Минаков был осужден в 1879 году в Одессе по доносу провокатора Гоштовта [8]. Сосланный в каторжные работы на Кару [9], он после попытки к бегству был возвращен в Европейскую Россию и заключен сначала в Петропавловскую крепость, а потом перевезен в Шлиссельбургскую тюрьму, как только она была отстроена. Шлиссельбург означал конец надеждам, и Минаков не захотел медленно умирать в новой Бастилии — «колодой гнить, упавшей в ил», как он выразился в своем стихотворении. Он потребовал переписки и свидания с родными, книг и табаку и объявил голодовку, а затем дал пощечину тюремному врачу Заркевичу.
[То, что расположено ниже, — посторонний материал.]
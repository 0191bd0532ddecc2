-- ===== src/Heci/Linux/Tests.antt =====
-- The Linux context over a kernel that only knows /dev/mei.
use amt_uefi_boot_app.Amt.Getters.{get_dns_suffix}
use amt_uefi_boot_app.Amt.Mei.{Mei, pthi_call, check_status, make_header}
use amt_uefi_boot_app.Outcome.{ok, panics}
use amt_uefi_boot_app.Prelude.{
  ℕ, [], replicate, if◌then◌else◌, none, length, ◌≡◌, blit, ◌==◌, some, ◌+◌, codes, ◌∷◌, refl,
}
use amt_uefi_boot_app.Heci.Linux.{
  send, open_device, open_paths, Kernel, returned, failed, other, opened, not_opened, used, new,
  receive, connect_client_by_uuid, amthi_uuid, drop_context, HeciContext, open_paths,
}
use amt_uefi_boot_app.Heci.Linux.Held.{Held, Lived-Held, started, connected, received}

-- The state is the next descriptor.
abbrev older_kernel : Kernel
older_kernel = record {
  State = ℕ;
  sys_open = λ path n. if length path == 9 then (returned n, n + 1) else (failed (other 2), n);
  sys_ioctl = λ fd code buf n. (returned (0 ∷ 16 ∷ 0 ∷ 0 ∷ 1 ∷ []), n);
  sys_write = λ fd bytes n. (returned (length bytes), n);
  sys_read = λ fd buf n. (returned (20, blit buf 0 (codes "answer")), n);
  sys_close = λ fd n. n;
}

abbrev connected_at : HeciContext older_kernel
connected_at =
    (connect_client_by_uuid older_kernel amthi_uuid
      (new older_kernel (record { state = 3; calls = [] })).1).1

connected_at_runs : connected_at.os.calls ≡ used (some 3) ∷ opened 3 ∷ not_opened ∷ []
unfolding connect_client_by_uuid new open_device open_paths
connected_at_runs = refl

-- `read` gives 20 bytes, and the buffer holds 4.
receive_counts_more : (receive older_kernel (replicate 4 0) connected_at).0 ≡ ok (20, codes "answ")
unfolding connect_client_by_uuid new open_device open_paths receive blit
receive_counts_more = refl

Lived-Held_example :
    let c = (receive older_kernel (replicate 4 0) connected_at).1 in
    Held c.os.calls c.fd × Held (drop_context older_kernel c).os.calls none
Lived-Held_example =
    Lived-Held older_kernel (received (replicate 4 0) (connected amthi_uuid (started 3)))

-- A kernel that gives a full page for a command with a buffer of 1100 bytes.
abbrev page_kernel : Kernel
page_kernel = record {
  State = ℕ;
  sys_open = λ path n. (returned n, n + 1);
  sys_ioctl = λ fd code buf n. (returned buf, n);
  sys_write = λ fd bytes n. (returned (length bytes), n);
  sys_read = λ fd buf n. (returned (4096, buf), n);
  sys_close = λ fd n. n;
}

abbrev page_mei : Mei
page_mei = record {
  Ctx = HeciContext page_kernel;
  send = send page_kernel;
  receive = receive page_kernel;
}

-- The slice of the answer up to the count that `receive` returns is out of bounds.
suffix_panics :
    (get_dns_suffix page_mei
      (record { fd = some 3; max_msg_len = 4096; os = record { state = 4; calls = [] } })).0
    ≡ panics
unfolding get_dns_suffix pthi_call check_status blit receive send make_header
suffix_panics = refl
В крепости рассказывали, что пощечина была дана при попытке врача кормить Минакова искусственно. Но из документов, открытых после революции 1917 года, видно, что Минаков страдал галлюцинациями вкуса и подозревал, что врач подмешивает к пище яд, чтобы отравить его.
Если это так, то тем возмутительнее, что человек, психически ненормальный, был предан военному суду и расстрелян.
Подать прошение о помиловании Минаков отказался.
Это было в сентябре 1884 года, за месяц до того, как я и мои товарищи по «процессу 14-ти» были привезены в крепость.
А в декабре, в день рождества, вся тюрьма была потрясена сценой в одной из камер.
За раздачей ужина мы услыхали звон металлической посуды, упавшей на пол, шум свалки и задыхающийся нервный голос, который говорил:
— Не бейте! Не бейте! Казните, а не бейте!
Это был Мышкин — одна из самых многострадальных фигур русского революционного движения.
Мещанин города Москвы, Мышкин владел небольшой типографией на Арбате. Наборщиками была интеллигентная молодежь; все работающие вместе с Мышкиным жили коммуной в том доме, где помещалась типография. С. А. Иванова очень мило рассказывает, как она попала в эту дружескую коммуну. Провинциальная барышня с Кавказа, она оставила родных, чтобы увидеть свет и найти тех умных, развитых людей, о которых говорили хорошие книжки. Они-то и потянули ее вдаль из глуши с ее мелкими интересами. Приехав в Москву без средств, но с желанием работать, она с первых же дней должна была искать занятий и после нескольких более или менее удачных попыток устроиться наткнулась на указание — просить работы в типографии Мышкина. Мышкин принял ее. Мало-помалу она научилась ремеслу наборщицы, освоилась с молодой компанией, которая по развитию была выше ее и понемногу подтягивала новоприбывшую к своему уровню.